SESC用クロスコンパイラ/アセンブラ環境


概要

SESCシミュレータで実行可能なプログラムファイルを作成するための クロスコンパイラおよびアセンブラである。
GCC (GNU Compiler Collection)をベースとしており、C言語や SESCアセンブリ言語で記述されたプログラムソースコードをコンパイル およびアセンブルすることができる。

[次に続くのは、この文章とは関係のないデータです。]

-- ===== src/Agent/Memory.antt =====
-- action_memory.go and the types of configmap_remediation_state.go that it uses: what the process
-- remembers of the incidents it has handled and the actions it has attempted. Each method holds the
-- mutex; the contexts that the methods get are not used.
pub mod Remembering
use sre_agent_gitops.Prelude.{
  Bool, Duration, List, Option, String, Time, [], before, false, if◌then◌else◌, is_positive,
  is_some, ltb, negsuc, none, pos, some, text_eq, suc, ℕ, ◌&&◌, ◌++◌, ◌+◌, ◌-◌, ◌∷◌,
}
use sre_agent_gitops.Prelude.Dict.{Dict, insert, lookup}
use sre_agent_gitops.Prelude.Method.{Method, fails, writes}

pub record RemediationSnapshot : Type 0 where
  pub duplicate : Bool
  pub in_cooldown : Bool
  pub attempts_in_window : ℕ

pub record RemediationStateQuery : Type 0 where
  pub incident_id : String
  pub target_key : String
  pub now : Time
  pub cooldown : Duration
  pub attempt_window : Duration

-- `other` is a text that none of the constants spells.
pub data RecordKind : Type 0 where
  incident_handled action_attempted : RecordKind
  other : String → RecordKind

pub record RemediationStateRecord : Type 0 where
  pub kind : RecordKind
  pub incident_id : String
  pub target_key : String
  pub occurred_at : Time

pub record RemediationMemory : Type 0 where
  pub handled_at : Dict String Time
  pub last_action_at : Dict String Time
  pub attempts_by_scope : Dict String (List Time)

abbrev pub new_remediation_memory : RemediationMemory
new_remediation_memory = record { handled_at = []; last_action_at = []; attempts_by_scope = [] }

-- `t.Add(-d)` for a positive `d`, of which the zero time is the earliest that is told apart
abbrev cutoff : Time → Duration → Time
cutoff now (pos n) = now - n
cutoff now (negsuc n) = now + suc n

-- the entries that are not before the cutoff
unfoldable pub retain : Time → Dict String Time → Dict String Time
retain from [] = []
retain from ((key, at) ∷ entries) =
    let later = retain from entries in if before at from then later else (key, at) ∷ later

unfoldable pub retain_times : Time → List Time → List Time
retain_times from [] = []
retain_times from (at ∷ times) =
    let later = retain_times from times in if before at from then later else at ∷ later

-- a scope whose attempts are all before the cutoff goes
abbrev pub cons_scope : String → List Time → Dict String (List Time) → Dict String (List Time)
cons_scope key [] later = later
cons_scope key (at ∷ times) later = (key, at ∷ times) ∷ later

unfoldable pub retain_scopes : Time → Dict String (List Time) → Dict String (List Time)
retain_scopes from [] = []
retain_scopes from ((key, times) ∷ entries) =
    let later = retain_scopes from entries in cons_scope key (retain_times from times) later

abbrev prune_attempts : Time → Duration → RemediationMemory → RemediationMemory
prune_attempts now window memory =
    if is_positive window
    then record memory {
      handled_at = retain (cutoff now window) memory.handled_at;
      attempts_by_scope = retain_scopes (cutoff now window) memory.attempts_by_scope;
    }
    else memory

abbrev prune_actions : Time → Duration → RemediationMemory → RemediationMemory
prune_actions now cooldown memory =
    if is_positive cooldown
    then record memory { last_action_at = retain (cutoff now cooldown) memory.last_action_at }
    else memory

unfoldable pub prune : Time → Duration → Duration → RemediationMemory → RemediationMemory
prune now cooldown window memory = prune_actions now cooldown (prune_attempts now window memory)

-- `now.Sub(at) < d`, for a positive `d`
abbrev pub is_within : Time → Duration → Option Time → Bool
is_within now cooldown none = false
is_within now (pos n) (some at) = ltb now (at + n)
is_within now (negsuc n) (some at) = ltb (now + suc n) at

abbrev pub count : Option (List Time) → ℕ
count none = 0
count (some []) = 0
count (some (at ∷ times)) = count (some times) + 1

abbrev snapshot_of : RemediationStateQuery → RemediationMemory → RemediationSnapshot
snapshot_of query memory = record {
  duplicate = is_some (lookup query.incident_id memory.handled_at);
  in_cooldown =
      is_positive query.cooldown
      && is_within query.now query.cooldown (lookup query.target_key memory.last_action_at);
  attempts_in_window = count (lookup query.target_key memory.attempts_by_scope);
}

-- `Snapshot`
unfoldable pub snapshot :
    RemediationStateQuery → RemediationMemory → RemediationSnapshot × RemediationMemory
snapshot query memory =
    let pruned = prune query.now query.cooldown query.attempt_window memory in
    (snapshot_of query pruned, pruned)

abbrev pub times_of : Option (List Time) → List Time
times_of none = []
times_of (some times) = times

unfoldable pub record_attempt : String → String → Time → RemediationMemory → RemediationMemory
record_attempt incident_id target_key now memory = record {
  handled_at = insert incident_id now memory.handled_at;
  last_action_at = insert target_key now memory.last_action_at;
  attempts_by_scope =
      insert target_key (times_of (lookup target_key memory.attempts_by_scope) ++ (now ∷ []))
        memory.attempts_by_scope;
}

unfoldable pub mark_incident : String → Time → RemediationMemory → RemediationMemory
mark_incident incident_id now memory = record memory {
  handled_at = insert incident_id now memory.handled_at;
}

-- `Record`, whose error names the kind
abbrev record_kind : RemediationStateRecord → RecordKind → Method RemediationMemory String Unit
record_kind entry incident_handled = writes (mark_incident entry.incident_id entry.occurred_at)
record_kind entry action_attempted =
    writes (record_attempt entry.incident_id entry.target_key entry.occurred_at)
record_kind entry (other text) = fails text

unfoldable pub record_state : RemediationStateRecord → Method RemediationMemory String Unit
record_state entry = record_kind entry entry.kind
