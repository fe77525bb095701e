-- ===== src/Agent/Action.antt =====
-- agent_action_attempt.go, agent_verification.go and waiting_approval.go: an approved action, from the
-- plan to the verification that it begins. The agent's stores are the ones in memory. What is logged
-- is not modelled, but for the error code: an error is the code that it is logged with, or the text
-- of an error that is only passed on, less the values that are put into it.
pub mod Attempting
pub mod Resuming
pub mod Extending
pub mod Safety
pub mod Beginning
pub mod Once
pub mod Interleaving
pub mod Weighing
pub mod Histories
pub mod Authorizing
use sre_agent_gitops.Prelude.{
  Bool, Context, List, Option, String, Time, ℕ, some, not, is_blank, ◌!=◌, ◌==◌, text_eq, nat_eq,
}
use sre_agent_gitops.Prelude.Method.{
  Method, Result, err, fail_if, fail_on, ok, returns, ◌>>=◌, ◌>>◌,
}
use sre_agent_gitops.Incident.{
  Error, Incident, invalid_fenced_verification, invalid_verification_incident_state, state_eq,
  verification_fence_conflict, verification_lifecycle_unavailable, verifying, version_conflict,
}
use sre_agent_gitops.Incident.Registry.{Registry}
use sre_agent_gitops.Incident.Lifecycle.{begin_fenced_verification, BeginFencedVerificationCommand}
use sre_agent_gitops.Remediation.Attempt.{ActionAttempt}
use sre_agent_gitops.Remediation.Attempt.Store.{MemoryActionAttemptStore}
use sre_agent_gitops.Remediation.Verification.{
  BeginVerificationCommand, Verification, VerificationSubject, pending, validate_begin,
  validate_subject, verification_status_eq,
}
use sre_agent_gitops.Remediation.Verification.Store.{MemoryVerificationStore}
use sre_agent_gitops.Approval.{Plan}
use sre_agent_gitops.Approval.Store.{MemoryStore}
use sre_agent_gitops.Approval.PlanStore.{MemoryPlanStore}
use sre_agent_gitops.Agent.Config.{AgentConfig}
use sre_agent_gitops.Agent.Memory.{RemediationMemory}
use mathlib.Core.Option

-- What the agent's calls change: the stores behind it, and what it has had Kubernetes delete, the
-- plan of each request, the last first.
pub record World : Type 0 where
  pub incidents : Registry MemoryVerificationStore
  pub plans : MemoryPlanStore
  pub approvals : MemoryStore
  pub attempts : MemoryActionAttemptStore
  pub memory : RemediationMemory
  pub deletions : List Plan

-- The configuration, and which of its stores and clients the agent has.
pub record ActionAgent : Type 0 where
  pub config : AgentConfig
  pub has_plans : Bool
  pub has_approvals : Bool
  pub has_action_attempts : Bool
  pub has_verification_lifecycle : Bool
  pub has_kubernetes : Bool

-- What one action gets from without: the answers of the context that each call gets, the readings of
-- the clock, and what Kubernetes answers to the request. No two readings are related, so each call
-- has one of its own, whether or not the calls before it were made.
pub record Given : Type 0 where
  pub ctx : ℕ → Context
  pub now : ℕ → Time
  pub delete_error : Option String

-- the outcome of a method of a part of the world
abbrev pub placed :
    {S E A : Type 0}
    → (S → World → World)
    → (E → String)
    → World
    → Result E A × S
    → Result String A × World
placed set code w (ok a, s) = (ok a, set s w)
placed set code w (err e, s) = (err (code e), set s w)

abbrev pub on_incidents :
    {E A : Type 0}
    → (E → String)
    → Method (Registry MemoryVerificationStore) E A
    → Method World String A
on_incidents code m w = placed (λ s v. record v { incidents = s }) code w (m w.incidents)

abbrev pub on_plans :
    {E A : Type 0} → (E → String) → Method MemoryPlanStore E A → Method World String A
on_plans code m w = placed (λ s v. record v { plans = s }) code w (m w.plans)

abbrev pub on_approvals :
    {E A : Type 0} → (E → String) → Method MemoryStore E A → Method World String A
on_approvals code m w = placed (λ s v. record v { approvals = s }) code w (m w.approvals)

abbrev pub on_attempts :
    {E A : Type 0} → (E → String) → Method MemoryActionAttemptStore E A → Method World String A
on_attempts code m w = placed (λ s v. record v { attempts = s }) code w (m w.attempts)

abbrev pub on_memory :
    {E A : Type 0} → (E → String) → Method RemediationMemory E A → Method World String A
on_memory code m w = placed (λ s v. record v { memory = s }) code w (m w.memory)

-- whatever the error, this code
abbrev pub coded : {E : Type 0} → String → E → String
coded code e = code

-- The error code for an error of the lifecycle.
abbrev pub lifecycle_error_code : Error → String
lifecycle_error_code (verification_fence_conflict text) = "INCIDENT_VERIFYING_FENCE_CONFLICT"
lifecycle_error_code version_conflict = "INCIDENT_VERIFYING_FENCE_CONFLICT"
lifecycle_error_code verification_lifecycle_unavailable = "VERIFICATION_STORE_UNAVAILABLE"
lifecycle_error_code invalid_verification_incident_state = "INCIDENT_VERIFYING_TRANSITION_FAILED"
lifecycle_error_code (invalid_fenced_verification text) = "VERIFICATION_BEGIN_FAILED"
lifecycle_error_code e = "VERIFICATION_BEGIN_FAILED"

abbrev pub begin_verification_command :
    ActionAttempt → VerificationSubject → Time → BeginVerificationCommand
begin_verification_command attempt subject started_at = record {
  action_attempt = attempt;
  subject = subject;
  started_at = started_at;
}

module _ (agent : ActionAgent) where
  abbrev fenced_command : Incident → ℕ → BeginVerificationCommand → BeginFencedVerificationCommand
  fenced_command current expected_version command = record {
    incident_id = current.id;
    expected_version = expected_version;
    holder_id = agent.config.incident_claim_holder_id;
    now = command.started_at;
    reason_code = "ACTION_ATTEMPT_TERMINAL";
    verification = command;
  }

  -- what is refused before the lifecycle is called
  abbrev check_verification : Incident → ℕ → BeginVerificationCommand → Method World String Unit
  check_verification current expected_version command = do
    fail_if (not agent.has_verification_lifecycle) "VERIFICATION_STORE_UNAVAILABLE"
    fail_if (is_blank agent.config.incident_claim_holder_id) "INCIDENT_VERIFYING_TRANSITION_FAILED"
    fail_if (expected_version == 0) "INCIDENT_VERIFYING_FENCE_CONFLICT"
    fail_if (command.action_attempt.key.incident_id != current.id) "VERIFICATION_BEGIN_FAILED"
    fail_on (Option.map (λ _. "VERIFICATION_SUBJECT_INVALID") (validate_subject command.subject))
    fail_on (Option.map (λ _. "VERIFICATION_BEGIN_FAILED") (validate_begin command))

  -- `beginVerification`, with its context and its reading of the clock
  unfoldable pub begin_verification :
      Context
      → Time
      → Incident
      → ActionAttempt
      → ℕ
      → VerificationSubject
      → Method World String Verification
  begin_verification ctx started_at current attempt expected_version subject = do
    let command = begin_verification_command attempt subject started_at
    check_verification current expected_version command
    begun ←
        on_incidents lifecycle_error_code
          (begin_fenced_verification (some ctx) (fenced_command current expected_version command))
    fail_if (begun.incident.id != current.id) "INCIDENT_VERIFYING_TRANSITION_FAILED"
    fail_if (begun.incident.state != verifying) "INCIDENT_VERIFYING_TRANSITION_FAILED"
    fail_if (begun.verification.status != pending) "VERIFICATION_NOT_PENDING"
    returns begun.verification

SESCシミュレータは、実行するプログラムとして、 MIPS用Linux OSの実行可能バイナリファイル(ELFフォーマットファイル)を 入力することを想定しているため、 本クロスコンパイラは基本的にはLinux用のコンパイラと同様のものと なっている。

導入方法

GitHubで64bit版Cygwin用にビルド済みのファイルも配布しているので、 本演習ではこれを使用する。
本クロスコンパイルはCygwin上で以下のコマンドを実行することで 導入できる。
tar xvfj ~/SESC/bindist/sesc-tools-cygwin64-20190702.tar.bz2 -C /usr/local
※tar.bz2ファイル名は GitHubからのファイルの取得を行った場所によって 異なるので適宜変更すること。
ファイル名の入力時に、ある程度入力したところでTabキーを押すと残りを補完して くれる機能があるので活用するとよい。

使用前の設定

本クロスコンパイル環境を使う前にCygwinのコマンドラインシェル(bash)で 以下のコマンドを実行する。
※シェル(bash)を終了すると設定内容が失われるため、 この操作は新規にシェルを起動するごとに行うこと。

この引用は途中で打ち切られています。